Но ведь вчера полковник точно знал, что надо идти по другой дороге, по широкой. Вон по той, которая от дома Живко петляет.
— Ты путаешь, — произнес Антошин неуверенно. — Я другую дорогу видел… То есть чувствовал… Ну то есть нам показывали.
— Кто это вам показывал? — вскинула брови Длинноволоска. — Что я, не знаю, где куриножка находится? Куриножка — три дороги. Избушка там еще стоит. И бабка в ней живет — противная, но умная. Ведьма. Страшная и могущественная. Говорят, ее другие ведьмы даже побаиваются.
Малко и полковник стали расспрашивать у людей, где найти избушку на куриножке.

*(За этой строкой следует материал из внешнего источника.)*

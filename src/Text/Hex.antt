-- ===== src/Text/Hex.antt =====
-- `isAsciiHexString` of StringUtils, and the case of the digits.
use tactility_halo.Base.{ℕ, ◌≡◌, refl, [], ◌∷◌, arith}
use tactility_halo.Text.{Str, is_ascii_hex_string, is_invalid_hex, lowercase, tolower}

is_invalid_hex-tolower : (c : ℕ) → is_invalid_hex (tolower c) ≡ is_invalid_hex c
unfolding is_invalid_hex tolower
is_invalid_hex-tolower c = ground arith

-- A text is a hex string exactly if its lower-case form is one.
pub is_ascii_hex_string-lowercase :
    (s : Str) → is_ascii_hex_string (lowercase s) ≡ is_ascii_hex_string s
unfolding is_ascii_hex_string lowercase
is_ascii_hex_string-lowercase [] = refl
is_ascii_hex_string-lowercase (c ∷ s) =
    ground (arith, is_invalid_hex-tolower c, is_ascii_hex_string-lowercase s)
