-- ===== src/Text/Split.antt =====
-- `split` against `join`, both of StringUtils.
use tactility_halo.Base.{
  ℕ, zero, suc, ◌+◌, ◌-◌, ◌≤◌, ◌<◌, ◌≡◌, ◌≢◌, refl, sym, subst, ap, ◌∙◌, ◌⊎◌, inl, inr, List, [],
  ◌∷◌, ◌++◌, none, some, arith, length, take, drop, All, Option-cases, length-drop, drop-drop,
}
use mathlib.Core.List.{append-nil, append_assoc}
use tactility_halo.Text.{
  Str, find, find_from, substr, split_end, split_loop, split, join, join_loop,
}
use tactility_halo.Text.Find.{find_from_found, find_from_missing, find_split, find_first, find-le}

-- The tokens of a text: each free of the delimiter, each but the last followed by one.
data Pieces (d : Str) : Str → List Str → Type 0 where
  stop : {s : Str} {ts : List Str} → s ≡ [] → ts ≡ [] → Pieces d s ts
  last : {s : Str} {ts : List Str} → find d s ≡ none → ts ≡ s ∷ [] → Pieces d s ts
  more :
      {s : Str} {ts us : List Str} (t r : Str)
      → find d t ≡ none
      → s ≡ t ++ (d ++ r)
      → us ≡ t ∷ ts
      → Pieces d r ts
      → Pieces d s us

split_end-Pieces :
    (d r : Str) (result : List Str)
    → find d r ≡ none
    → (ts : List Str) × (split_end r result ≡ result ++ ts) × Pieces d r ts
unfolding split_end
split_end-Pieces d [] result h = ([], sym (append-nil result), stop refl refl)
split_end-Pieces d (c ∷ r) result h = ((c ∷ r) ∷ [], refl, last h refl)

length-pos : (d : Str) → d ≢ [] → 0 < length d
length-pos [] ne = absurd (ne refl)
length-pos (x ∷ d) ne = omega arith

module _ (fuel : ℕ) (s d : Str) (p : ℕ) (result : List Str) where
  split_loop-stop :
      find_from s d p ≡ none
      → split_loop (suc fuel) s d p result ≡ some (split_end (drop p s) result)
  unfolding split_loop
  split_loop-stop e = rw (e, split_loop)

  split_loop-next :
      (k : ℕ)
      → find_from s d p ≡ some k
      → split_loop (suc fuel) s d p result
        ≡ split_loop fuel s d (k + length d) (result ++ substr s p (k - p) ∷ [])
  unfolding split_loop
  split_loop-next k e = rw (e, split_loop)

split_loop-Pieces :
    (fuel : ℕ) (s d : Str) (p : ℕ) (result : List Str)
    → d ≢ []
    → p ≤ length s
    → length s - p < fuel
    → (ts : List Str) × (split_loop fuel s d p result ≡ some (result ++ ts))
      × Pieces d (drop p s) ts
split_loop-Pieces zero s d p result ne le lt = absurd (omega arith)
split_loop-Pieces (suc fuel) s d p result ne le lt = elim (Option-cases (find_from s d p)) [
  | inl e ↦
      let (ts, eq, pieces) = split_end-Pieces d (drop p s) result (find_from_missing s d p le e) in
      (ts, split_loop-stop fuel s d p result e ∙ ap some eq, pieces)
  | inr (k, e) ↦
      let (j, found, at) = find_from_found s d p k le e in
      let fits = find-le d (drop p s) j found in
      let (ts, eq, pieces) =
        split_loop-Pieces fuel s d (k + length d) (result ++ substr s p (k - p) ∷ []) ne
          (omega (arith, length-drop p s)) (omega (arith, length-drop p s, length-pos d ne)) in
      (
        substr s p (k - p) ∷ ts,
        split_loop-next fuel s d p result k e
            ∙ (eq ∙ ap some (append_assoc result (substr s p (k - p) ∷ []) ts)),
        more (take j (drop p s)) (drop (j + length d) (drop p s))
            (find_first d (drop p s) j ne found)
            (find_split d (drop p s) j (j + length d) found refl)
            (ap (λ n. take n (drop p s) ∷ ts) (omega arith))
            (rw (drop-drop (k + length d) (j + length d) p s (omega arith)) pieces),
      )
]

join-cons : (t d : Str) (ts : List Str) → ts ≢ [] → join (t ∷ ts) d ≡ t ++ (d ++ join ts d)
unfolding join join_loop
join-cons t d [] ne = absurd (ne refl)
join-cons t d (u ∷ []) ne = refl
join-cons t d (u ∷ v ∷ ts) ne = refl

-- A text is its tokens joined, or that with one more delimiter at the end.
abbrev Rejoins : Str → Str → List Str → Type 0
Rejoins d s ts = (s ≡ join ts d) ⊎ (s ≡ join ts d ++ d)

Pieces-nil : {d s : Str} → Pieces d s [] → s ≡ []
Pieces-nil (stop e z) = e
Pieces-nil (last none_in z) = cc
Pieces-nil (more t r free e z p) = cc

Rejoins-cons :
    (d t r : Str) (ts : List Str)
    → (ts ≡ [] → r ≡ [])
    → Rejoins d r ts
    → Rejoins d (t ++ (d ++ r)) (t ∷ ts)
unfolding join
Rejoins-cons d t r [] empty e = inr (rw (empty refl, append-nil d))
Rejoins-cons d t r (u ∷ us) empty (inl e) = inl (rw (e, join-cons t d (u ∷ us) (λ z. cc)))
Rejoins-cons d t r (u ∷ us) empty (inr e) =
    inr (rw (e, join-cons t d (u ∷ us) (λ z. cc)) (simp append_assoc))

Pieces-Rejoins : (d : Str) {s : Str} {ts : List Str} → Pieces d s ts → Rejoins d s ts
unfolding join
Pieces-Rejoins d (stop e z) = inl (rw (e, z))
Pieces-Rejoins d (last none_in z) = inl (rw z)
Pieces-Rejoins d (more t r free e z p) =
    rw (e, z) (Rejoins-cons d t r _ (λ w. Pieces-nil (subst (Pieces d r) w p)) (Pieces-Rejoins d p))

Pieces-All : (d : Str) {s : Str} {ts : List Str} → Pieces d s ts → All (λ t. find d t ≡ none) ts
Pieces-All d (stop e z) = rw z tt
Pieces-All d (last none_in z) = rw z (none_in, tt)
Pieces-All d (more t r free e z p) = rw z (free, Pieces-All d p)

-- For every input and every non-empty delimiter the loop of `split` ends, no token holds the
-- delimiter, and the tokens joined by the delimiter give back the input, but for one delimiter
-- that the input may end with.
pub split-join :
    (input delimiter : Str)
    → delimiter ≢ []
    → (ts : List Str) × (split input delimiter ≡ some ts)
      × All (λ t. find delimiter t ≡ none) ts
      × ((input ≡ join ts delimiter) ⊎ (input ≡ join ts delimiter ++ delimiter))
unfolding split
split-join input delimiter ne =
    let (ts, eq, pieces) =
      split_loop-Pieces (length input + 1) input delimiter 0 [] ne (omega arith) (omega arith) in
    (ts, eq, Pieces-All delimiter pieces, Pieces-Rejoins delimiter pieces)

Все показали на узкую тропинку.
Стало ясно, что Длинноволоска не обманывает.
Почему так получилось? Кто ж разберет?
Может, Антошин, выпив меду изрядно, не то почувствовал. А может, чтобы дорогу отыскать верную, надо было непременно попытаться Длинноволоске помочь, чтобы самим увидеть то, о чем Живко на свадьбе говорил: радость и юдоль вместе — это любовь.
Наверное, надо было самим убедиться, как любовь людям счастье приносит и как она их несчастными делает.

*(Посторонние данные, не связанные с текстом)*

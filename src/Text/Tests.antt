-- ===== src/Text/Tests.antt =====
-- Runs of StringUtils.cpp at fixed inputs.
use tactility_halo.Base.{◌≡◌, refl, ◌⊎◌, List, [], ◌∷◌, ◌++◌, none, some, arith, All}
use tactility_halo.Text.{Str, find, find_from, split_loop, split, join}
use tactility_halo.Text.Split.{split-join}

abbrev comma : Str
comma = b',' ∷ []

abbrev two_fields : Str
two_fields = b'a' ∷ b',' ∷ b'b' ∷ b',' ∷ []

abbrev data_app : Str
data_app = b'/' ∷ b'd' ∷ b'/' ∷ b'a' ∷ []

split_run : split two_fields comma ≡ some ((b'a' ∷ []) ∷ (b'b' ∷ []) ∷ [])
unfolding split split_loop find_from find
split_run = refl

split-join_example :
    (ts : List Str) × (split two_fields comma ≡ some ts)
    × All (λ t. find comma t ≡ none) ts
    × ((two_fields ≡ join ts comma) ⊎ (two_fields ≡ join ts comma ++ comma))
split-join_example = split-join two_fields comma (λ e. ground (arith, e))
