-- ===== src/Threads.antt =====
-- TactilityCore/Source/Thread.cpp: the life of a Thread, and `join`. FreeRTOS is the list of the
-- tasks that it runs for the Thread; a task and the thread that calls `start` interleave between
-- their accesses to the shared fields. The flags, and what only passes a call on, are not modelled.
pub mod Actions
pub mod Steps
pub mod Life
pub mod Joining
pub mod Tests
use tactility_halo.Base.{
  ℕ, zero, suc, ◌+◌, ◌-◌, ◌*◌, ◌%◌, ◌^◌, ltb, Bool, true, false, not, ◌||◌, ◌&&◌, List, [], ◌∷◌,
  ◌++◌, Option, none, some, if◌then◌else◌,
}

pub data State : Type 0 where
  stopped running starting : State

-- Where a task is in `mainBody`: in front of the state Running, in the main function, or behind the
-- state Stopped.
pub data TaskPhase : Type 0 where
  created in_main exiting : TaskPhase

-- Where a call of `start` is: in front of `xTaskCreate`, in front of its last check, or between the
-- two reads of that.
pub data StartPhase : Type 0 where
  idle creating checking testing : StartPhase

pub record Thread : Type 0 where
  pub state : State
  -- whether `taskHandle` is not null
  pub task_handle : Bool
  pub callback_result : ℕ
  pub tasks : List TaskPhase
  pub starter : StartPhase
  -- whether there is a `mainFunction`
  pub has_main_function : Bool
  pub stack_size : ℕ

-- An assertion, `tt_check(result == pdPASS)`, and the last check of `start`.
pub data Check : Type 0 where
  assertion creation_check started_check : Check

pub data Outcome : Type 0 where
  passes : Thread → Outcome
  fails : Check → Outcome

abbrev pub is_stopped : State → Bool
is_stopped stopped = true
is_stopped _ = false

abbrev pub is_running : State → Bool
is_running running = true
is_running _ = false

abbrev pub is_starting : State → Bool
is_starting starting = true
is_starting _ = false

-- The assertions of `start` on what it was given; `word_size` is the size of `StackType_t`.
unfoldable pub can_start : (word_size : ℕ) → Bool → ℕ → Bool
can_start word_size has_main_function stack_size =
    has_main_function && (ltb 0 stack_size && ltb stack_size (65535 * word_size))

-- `start` up to the state Starting.
unfoldable pub start_begin : (word_size : ℕ) → Thread → Outcome
start_begin word_size t =
    if is_stopped t.state && can_start word_size t.has_main_function t.stack_size
    then passes (record t { state = starting; starter = creating })
    else fails assertion

-- `xTaskCreate`, and the check of its result. It sets the handle before the task runs.
unfoldable pub start_create : Bool → Thread → Outcome
start_create true t =
    passes (record t { task_handle = true; tasks = t.tasks ++ created ∷ []; starter = checking })
start_create false t = fails creation_check

-- The last check of `start` reads the state.
unfoldable pub start_check : Thread → Outcome
start_check t = passes (record t { starter = if is_stopped t.state then idle else testing })

-- Unless the Thread has stopped, it then reads the handle.
unfoldable pub start_test : Thread → Outcome
start_test t = if t.task_handle then passes (record t { starter = idle }) else fails started_check

-- `mainBody` up to the call of the main function.
unfoldable pub main_begin : List TaskPhase → Thread → Outcome
main_begin rest t =
    if is_starting t.state
    then passes (record t { state = running; tasks = in_main ∷ rest })
    else fails assertion

-- The return of the main function, up to the state Stopped.
unfoldable pub main_return : ℕ → List TaskPhase → Thread → Outcome
main_return result rest t =
    if is_running t.state
    then passes (record t { callback_result = result; state = stopped; tasks = exiting ∷ rest })
    else fails assertion

-- The end of the task.
unfoldable pub main_exit : List TaskPhase → Thread → Thread
main_exit rest t = record t { task_handle = false; tasks = rest }

unfoldable pub destroy : Thread → Outcome
destroy t = if is_stopped t.state && not t.task_handle then passes t else fails assertion

-- The result of the main function, for a Thread that is stopped; `none` is a failed assertion.
unfoldable pub get_return_code : Thread → Option ℕ
get_return_code t = if is_stopped t.state then some t.callback_result else none

-- What `join` sees: the handle of the task, the clock, and the pause between two looks.
pub record Surroundings (E : Type 0) : Type 0 where
  pub has_handle : E → Bool
  pub delay_ticks : ℕ → E → E
  pub get_ticks : E → ℕ

module _ {E : Type 0} (around : Surroundings E) where
  -- The loop of `join` on fuel; `none` means that the fuel ran out.
  unfoldable pub join_loop : ℕ → (timeout poll_interval start_ticks : ℕ) → E → Option (E × Bool)
  join_loop zero timeout poll_interval start_ticks e = none
  join_loop (suc fuel) timeout poll_interval start_ticks e =
      let e' = around.delay_ticks poll_interval e in
      let next = join_loop fuel timeout poll_interval start_ticks e' in
      if around.has_handle e
      then (if ltb timeout ((around.get_ticks e' + 2 ^ 32 - start_ticks) % 2 ^ 32)
          then some (e', false)
          else next)
      else some (e, true)

  -- Two rounds more than the timeout has ticks.
  unfoldable pub join : (timeout poll_interval : ℕ) → E → Option (E × Bool)
  join timeout poll_interval e =
      join_loop (suc (suc timeout)) timeout poll_interval (around.get_ticks e) e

Но сколько ни думал Антошин, так и не смог до конца понять, зачем дорога подарила им это приключение с Длинноволоской. А может быть, ни за чем — не с какой-то там конкретной целью, а просто для новых впечатлений от жизни?
Впрочем, какая разница? Главное, теперь абсолютно ясно, куда путь держать. Тем более все в один голос твердили: до куриножки, мол, идти совсем недалече.
Правда, бабку, которая в избушке живет, советовали опасаться, предупреждали, как и Длинноволоска, — умная, конечно, но подловатая. И что у нее на уме, никто не знает. Ведьма, одно слово. И не просто так себе ведьма, а какая-то прямо совсем неприятная и страшная.
Когда стало ясно, что Малко и Антошин уходят, все заплакали.
— Чего это они? — растерялся полковник.
— Люди не любят расставаться, понимают: только дорога знает, куда она приведет человека, — объяснил Малко. — Дорога сильнее нас, и потому страшно, когда человек ей отдается. Только дорога ведает, счастье путник найдет или попадет в Вырий. Только дорога и боги. Ну и солнце еще. Оно на дороге светит, чтобы свет был.